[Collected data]
■ ■ ■ ■

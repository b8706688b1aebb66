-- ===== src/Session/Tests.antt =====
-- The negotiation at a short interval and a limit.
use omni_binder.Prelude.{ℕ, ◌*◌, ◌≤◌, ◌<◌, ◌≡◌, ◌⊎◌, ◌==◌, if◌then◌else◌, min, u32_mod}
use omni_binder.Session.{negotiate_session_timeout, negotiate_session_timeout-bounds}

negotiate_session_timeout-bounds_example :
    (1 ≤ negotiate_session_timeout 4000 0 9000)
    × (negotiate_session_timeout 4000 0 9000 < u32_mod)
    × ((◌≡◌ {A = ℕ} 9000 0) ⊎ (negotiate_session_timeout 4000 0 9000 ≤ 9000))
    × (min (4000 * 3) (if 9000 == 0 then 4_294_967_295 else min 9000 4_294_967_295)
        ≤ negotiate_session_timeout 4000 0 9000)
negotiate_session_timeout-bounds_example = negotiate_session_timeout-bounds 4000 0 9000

■ ■ ■ ■

§ **Task instructions**
In the records above, how many lines hold the string "else"? Only the number should be given.

§ **Final answer**
2